A Rapidly Growing Trend
Much progress has been made in the fight against the human immunodeficiency virus (HIV) but there is still an urgent need to educate people at high risk. Recent data shows that Black and Latino males are most at risk of contracting the virus. For instance, in 2020, about 68% of new HIV infections in the US were among gay and bisexual men. Furthermore, 69% of these cases accounted for Black and Latino Americans.
Age matters too
Race and sex aren’t the only concerns. People aged 13-24 are largely affected by HIV and account for 1 in 4 of all new HIV diagnoses. Among this figure, young African American gay and bisexual men represent 53%. Second on the list is young Latino men. Filtered down to states like Texas, young Black and Latino men make up almost 60% of people living with HIV (PLWH).
Why are you at risk?
The reasons for these high numbers are social, psychological, and economical. However, poor awareness is one of the biggest factors. These young men feel that the risk does not apply and fail to stay current or get tested. Black and Latino men are unaware that HIV disproportionately affects gay men and men who have sex with men (MSM). Many also do not know that viral loads are often undetectable at a young age. This increases the risk of contracting other severe diseases. Even with significant federal program investment, HIV rates in these groups have increased. HIV education and information on safe sex practices must begin at a young age. Yet, low resources in schools and homes raise the risk of infection for Black and Latino men.

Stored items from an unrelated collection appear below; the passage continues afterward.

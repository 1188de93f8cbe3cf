-- ===== src/Reorg/Processor/Run.antt =====
-- How internal/reorg/processor.go runs the steps of an event: the status and the statistics of a
-- chain, and the retries. The event that a status points to and the counters of a status, which
-- nothing sets, are left out, a duration is a number of
-- nanoseconds, and the maximum of retries is not negative.
use smart_scanner.Common.{
  ℕ, zero, suc, ◌+◌, ◌-◌, ◌*◌, ◌/◌, String, Bool, true, false, ◌&&◌, Option, none, some, List, [],
  ◌∷◌, Outcome, ok, err, if◌then◌else◌, ltb, length,
}
use smart_scanner.Common.Actions.{Action}
use Prim.Native.String.{◌++◌}
use smart_scanner.Types.{ReorgEvent}
use smart_scanner.Storage.{Storage}
use smart_scanner.Reorg.Detector.{World}
use smart_scanner.Reorg.Processor.Steps.{StepError, steps}

pub record ProcessorConfig : Type 0 where
  pub max_retries : ℕ
  pub enable_auto_rescan : Bool

-- The progress is the float64 quotient of two numbers.
pub record ProcessingStatus : Type 0 where
  pub is_processing : Bool
  pub start_time : ℕ
  pub last_process_time : ℕ
  pub current_step : String
  pub current_step_progress : ℕ × ℕ

pub record ProcessorStatistics : Type 0 where
  pub total_processed : ℕ
  pub total_failed : ℕ
  pub average_processing_time : ℕ
  pub last_process_time : ℕ

-- The entries of a chain in `processingStatus` and `statistics`, the world of its steps, and the
-- events that a rescan was scheduled for.
pub record Processing (st : Storage) : Type 0 where
  pub world : World st
  pub status : Option ProcessingStatus
  pub statistics : Option ProcessorStatistics
  pub rescans : List ReorgEvent

pub data EventError : Type 0 where
  step_failed : String → StepError → EventError

pub data RetryError : Type 0 where
  context_done : RetryError
  attempts_failed : ℕ → Option EventError → RetryError

-- `updateProcessingStep`.
unfoldable pub update_processing_step :
    String → ℕ × ℕ → Option ProcessingStatus → Option ProcessingStatus
update_processing_step step progress none = none
update_processing_step step progress (some status) =
    some (record status { current_step = step; current_step_progress = progress })

-- `clearProcessingStatus`.
unfoldable pub clear_processing_status :
    (now : ℕ) → Option ProcessingStatus → Option ProcessingStatus
clear_processing_status now none = none
clear_processing_status now (some status) = some (record status {
  is_processing = false;
  last_process_time = now;
  current_step = "";
  current_step_progress = (0, 1);
})

abbrev no_statistics : ProcessorStatistics
no_statistics = record {
  total_processed = 0;
  total_failed = 0;
  average_processing_time = 0;
  last_process_time = 0;
}

-- The counts and the times are int64s, which are taken not to overflow.
unfoldable pub count_result : (now duration : ℕ) → Bool → ProcessorStatistics → ProcessorStatistics
count_result now duration success stats =
    let processed = if success then stats.total_processed + 1 else stats.total_processed in
    let failed = if success then stats.total_failed else stats.total_failed + 1 in
    let total = processed + failed in
    record {
      total_processed = processed;
      total_failed = failed;
      average_processing_time =
          if ltb 0 total
          then (stats.average_processing_time * (total - 1) + duration) / total
          else stats.average_processing_time;
      last_process_time = now;
    }

-- `updateStatistics`.
unfoldable pub update_statistics :
    (now duration : ℕ) → Bool → Option ProcessorStatistics → ProcessorStatistics
update_statistics now duration success none = count_result now duration success no_statistics
update_statistics now duration success (some stats) = count_result now duration success stats

module _ (st : Storage) where
  abbrev Step : Type 0
  Step = String × (ReorgEvent → Action (World st) StepError (Unit {0}))

  -- The loop over the steps, from the step number `i` of `n` on.
  unfoldable pub run_steps :
      (i n : ℕ) → List Step → ReorgEvent → Action (Processing st) EventError (Unit {0})
  run_steps i n [] event p = (ok tt, p)
  run_steps i n ((name, step) ∷ rest) event p =
      let (r, world') = step event p.world in
      let started : Processing st = record p {
        world = world';
        status = update_processing_step name (i, n) p.status;
      } in
      elim r [
        | ok u ↦ run_steps (i + 1) n rest event started
        | err e ↦ (
          err (step_failed name e),
          record started {
            status = update_processing_step (name ++ " (failed)") (i, n) started.status;
          },
        )
      ]

  -- The status at the start of `processEvent`.
  abbrev pub begin : (started : ℕ) → Processing st → Processing st
  begin started p = record p {
    status = some (record {
      is_processing = true;
      start_time = started;
      last_process_time = 0;
      current_step = "starting";
      current_step_progress = (0, 1);
    });
  }

  -- What `processEvent` does after the steps, by their result.
  unfoldable pub finish :
      ProcessorConfig
      → (started finished : ℕ) → ReorgEvent
      → Outcome EventError (Unit {0})
      → Processing st
      → Processing st
  finish config started finished event (err e) p = p
  finish config started finished event (ok u) p = record p {
    status = update_processing_step "completed" (1, 1) p.status;
    statistics = some (update_statistics finished (finished - started) true p.statistics);
    rescans = if config.enable_auto_rescan then event ∷ p.rescans else p.rescans;
  }

  -- `processEvent` from the time `started` to the time `finished`.
  unfoldable pub process_event :
      ProcessorConfig
      → (locked : Bool) → (started finished : ℕ) → ReorgEvent
      → Action (Processing st) EventError (Unit {0})
  process_event config locked started finished event p =
      let table = steps st locked finished in
      let (r, p') = run_steps 0 (length table) table event (begin started p) in
      let done = finish config started finished event r p' in
      (r, record done { status = clear_processing_status finished done.status })

  -- The loop of `processEventWithRetry` with `left` attempts left. An attempt has its times, and
  -- the context may be cancelled before a retry.
  unfoldable pub retry :
      ProcessorConfig
      → (locked : Bool) → (clock : ℕ → ℕ × ℕ) → (cancelled : ℕ → Bool) → (left attempt : ℕ)
      → Option EventError
      → ReorgEvent
      → Action (Processing st) RetryError (Unit {0})
  retry config locked clock cancelled zero attempt last event p =
      (err (attempts_failed (config.max_retries + 1) last), p)
  retry config locked clock cancelled (suc left) attempt last event p =
      let (r, p') = process_event config locked (clock attempt).0 (clock attempt).1 event p in
      let after : Outcome RetryError (Unit {0}) × Processing st = elim r [
        | ok u ↦ (ok tt, p')
        | err e ↦ retry config locked clock cancelled left (attempt + 1) (some e) event p'
      ] in
      if ltb 0 attempt && cancelled attempt then (err context_done, p) else after

  -- `processEventWithRetry`.
  unfoldable pub process_event_with_retry :
      ProcessorConfig
      → (locked : Bool) → (clock : ℕ → ℕ × ℕ) → (cancelled : ℕ → Bool) → ReorgEvent
      → Action (Processing st) RetryError (Unit {0})
  process_event_with_retry config locked clock cancelled event =
      retry config locked clock cancelled (config.max_retries + 1) 0 none event
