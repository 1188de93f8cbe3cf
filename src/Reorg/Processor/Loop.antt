-- ===== src/Reorg/Processor/Loop.antt =====
-- What the loops of internal/reorg/processor.go do: the steps in order, the status on every branch,
-- and the retries.
use smart_scanner.Common.{
  ℕ, ◌+◌, String, ◌≡◌, inl, inr, refl, ap, ◌∙◌, Bool, true, false, Option, none, some, List, [],
  ◌∷◌, ok, err, wrap, Outcome-cases,
}
use Prim.Native.String.{◌++◌}
use smart_scanner.Common.Actions.{Action}
use smart_scanner.Types.{ReorgEvent}
use smart_scanner.Storage.{Storage}
use smart_scanner.Reorg.Detector.{World}
use smart_scanner.Reorg.Processor.Steps.{StepError}
use smart_scanner.Reorg.Processor.Run.{
  Processing, ProcessingStatus, ProcessorStatistics, EventError, step_failed, run_steps,
  update_processing_step,
}

module _ (st : Storage) where
  abbrev pub Step : Type 0
  Step = String × (ReorgEvent → Action (World st) StepError (Unit {0}))

  -- A step with its name on its error, in the world alone.
  abbrev pub named :
      String → Action (World st) StepError (Unit {0}) → Action (World st) EventError (Unit {0})
  named name step w = let (r, w') = step w in (wrap (step_failed name) r, w')

  abbrev pub in_order : List Step → ReorgEvent → Action (World st) EventError (Unit {0})
  in_order [] event w = (ok tt, w)
  in_order ((name, step) ∷ rest) event w =
      let (r, w') = step event w in
      elim r [ ok u ↦ in_order rest event w' | err e ↦ (err (step_failed name e), w') ]

  -- Right after the step number `i` of `n` has run.
  abbrev advance : (i n : ℕ) → Step → ReorgEvent → Processing st → Processing st
  advance i n (name, step) event p = record p {
    world = (step event p.world).1;
    status = update_processing_step name (i, n) p.status;
  }

  run_steps-ok :
      (i n : ℕ) (name : String) (step : ReorgEvent → Action (World st) StepError (Unit {0}))
      (rest : List Step) (event : ReorgEvent) (p : Processing st) (u : Unit {0})
      → (step event p.world).0 ≡ ok u
      → run_steps st i n ((name, step) ∷ rest) event p
        ≡ run_steps st (i + 1) n rest event (advance i n (name, step) event p)
  unfolding run_steps
  run_steps-ok i n name step rest event p u e = rw (e, run_steps) refl

  run_steps-err :
      (i n : ℕ) (name : String) (step : ReorgEvent → Action (World st) StepError (Unit {0}))
      (rest : List Step) (event : ReorgEvent) (p : Processing st) (x : StepError)
      → (step event p.world).0 ≡ err x
      → let after = advance i n (name, step) event p in
        run_steps st i n ((name, step) ∷ rest) event p ≡ (
          err (step_failed name x),
          record after {
            status = update_processing_step (name ++ " (failed)") (i, n) after.status;
          },
        )
  unfolding run_steps
  run_steps-err i n name step rest event p x e = rw (e, run_steps) refl

  pub run_steps-world :
      (i n : ℕ) (table : List Step) (event : ReorgEvent) (p : Processing st)
      → let r = run_steps st i n table event p in (r.0, r.1.world) ≡ in_order table event p.world
  unfolding run_steps
  run_steps-world i n [] event p = refl
  run_steps-world i n ((name, step) ∷ rest) event p = elim (Outcome-cases (step event p.world).0) [
    | inl (u, e) ↦
        ap (λ r. (r.0, r.1.world)) (run_steps-ok i n name step rest event p u e)
        ∙ run_steps-world (i + 1) n rest event (advance i n (name, step) event p)
        ∙ rw (e, in_order) refl
    | inr (x, e) ↦
        ap (λ r. (r.0, r.1.world)) (run_steps-err i n name step rest event p x e)
        ∙ rw (e, in_order) refl
  ]

  pub run_steps-statistics :
      (i n : ℕ) (table : List Step) (event : ReorgEvent) (p : Processing st)
      → let r = run_steps st i n table event p in
        ◌≡◌ {A = Option ProcessorStatistics × List ReorgEvent}
          (r.1.statistics, r.1.rescans)
          (p.statistics, p.rescans)
  unfolding run_steps
  run_steps-statistics i n [] event p = refl
  run_steps-statistics i n ((name, step) ∷ rest) event p =
      elim (Outcome-cases (step event p.world).0) [
        | inl (u, e) ↦
            ap (λ r. (r.1.statistics, r.1.rescans)) (run_steps-ok i n name step rest event p u e)
            ∙ run_steps-statistics (i + 1) n rest event (advance i n (name, step) event p)
        | inr (x, e) ↦
            ap (λ r. (r.1.statistics, r.1.rescans)) (run_steps-err i n name step rest event p x e)
      ]

  abbrev pub is_some : Option ProcessingStatus → Bool
  is_some none = false
  is_some (some status) = true

  pub update_processing_step-is_some :
      (step : String) (progress : ℕ × ℕ) (o : Option ProcessingStatus)
      → is_some (update_processing_step step progress o) ≡ is_some o
  unfolding update_processing_step
  update_processing_step-is_some step progress none = refl
  update_processing_step-is_some step progress (some status) = refl

  pub run_steps-status :
      (i n : ℕ) (table : List Step) (event : ReorgEvent) (p : Processing st)
      → is_some (run_steps st i n table event p).1.status ≡ is_some p.status
  unfolding run_steps
  run_steps-status i n [] event p = refl
  run_steps-status i n ((name, step) ∷ rest) event p =
      let noted = update_processing_step name (i, n) p.status in
      let kept = update_processing_step-is_some name (i, n) p.status in
      elim (Outcome-cases (step event p.world).0) [
        | inl (u, e) ↦
            ap (λ r. is_some r.1.status) (run_steps-ok i n name step rest event p u e)
            ∙ run_steps-status (i + 1) n rest event (advance i n (name, step) event p)
            ∙ kept
        | inr (x, e) ↦
            ap (λ r. is_some r.1.status) (run_steps-err i n name step rest event p x e)
            ∙ update_processing_step-is_some (name ++ " (failed)") (i, n) noted
            ∙ kept
      ]
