-- ===== src/Reorg/Processor/Order.antt =====
-- The order of the steps in internal/reorg/processor.go.
use smart_scanner.Common.{
  ℕ, ◌≡◌, inl, inr, refl, ap, ◌∙◌, Bool, List, [], ◌∷◌, Outcome, ok, err, length, Outcome-cases,
}
use smart_scanner.Common.Actions.{Action, pure, ◌>>◌}
use smart_scanner.Types.{ReorgEvent}
use smart_scanner.Storage.{Storage}
use smart_scanner.Reorg.Detector.{World}
use smart_scanner.Reorg.Processor.Steps.{
  validate_event, mark_reverted_transactions, revert_business_data, clean_affected_data,
  reset_scanner_watermark, mark_event_as_processed, steps,
}
use smart_scanner.Reorg.Processor.Run.{
  Processing, ProcessorConfig, EventError, run_steps, process_event, begin, finish,
}
use smart_scanner.Reorg.Processor.Loop.{Step, named, in_order, run_steps-world}

module _ (st : Storage) where
  -- The steps of a table as a sequence of actions.
  abbrev chain : List (Step st) → ReorgEvent → Action (World st) EventError (Unit {0})
  chain [] event = pure tt
  chain ((name, step) ∷ rest) event = named st name (step event) >> chain rest event

  in_order-chain :
      (table : List (Step st)) (event : ReorgEvent) (w : World st)
      → in_order st table event w ≡ chain table event w
  in_order-chain [] event w = refl
  in_order-chain ((name, step) ∷ rest) event w = elim (Outcome-cases (step event w).0) [
    | inl (u, e) ↦ rw (e, in_order, chain, named, ◌>>◌) (in_order-chain rest event (step event w).1)
    | inr (x, e) ↦ rw (e, in_order, chain, named, ◌>>◌) refl
  ]

  finish-world :
      (config : ProcessorConfig) (started finished : ℕ) (event : ReorgEvent)
      (r : Outcome EventError (Unit {0})) (p : Processing st)
      → (finish st config started finished event r p).world ≡ p.world
  unfolding finish
  finish-world config started finished event (ok u) p = refl
  finish-world config started finished event (err e) p = refl

  -- `processEvent` runs its six steps in this order on the scanner and the storage, up to the
  -- first that fails, and returns that step's name and error.
  pub process_event-steps :
      (config : ProcessorConfig) (locked : Bool) (started finished : ℕ) (event : ReorgEvent)
      (p : Processing st)
      → let r = process_event st config locked started finished event p in
        ◌≡◌ {A = Outcome EventError (Unit {0}) × World st}
          (r.0, r.1.world)
          ((named st "validate" (validate_event st event)
              >> (named st "mark_transactions" (mark_reverted_transactions st event)
                  >> (named st "revert_business_data" (revert_business_data st event)
                      >> (named st "clean_data" (clean_affected_data st event)
                          >> (named st "reset_watermark"
                                (reset_scanner_watermark st locked finished event)
                              >> (named st "mark_processed" (mark_event_as_processed st event)
                                  >> pure tt))))))
            p.world)
  unfolding process_event steps
  process_event-steps config locked started finished event p =
      let table = steps st locked finished in
      let r = run_steps st 0 (length table) table event (begin st started p) in
      ap (λ w. (r.0, w)) (finish-world config started finished event r.0 r.1)
      ∙ run_steps-world st 0 (length table) table event (begin st started p)
      ∙ in_order-chain table event p.world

Minority groups and healthcare
There is still limited healthcare infrastructure in some communities of color. There may be unequal resources for HIV testing, safe sex, and long-term treatment. A lack of antiretroviral therapy (ART), for instance, can expose HIV-positive men to those without the virus. Others are unaware or cannot afford pre-exposure prophylaxis (PrEP), a daily pill that can help prevent HIV. PrEP forms an essential part of treatment as prevention (TasP). Proactive treatment helps at-risk groups to say safe. Without these resources, staying virus-free becomes much more challenging.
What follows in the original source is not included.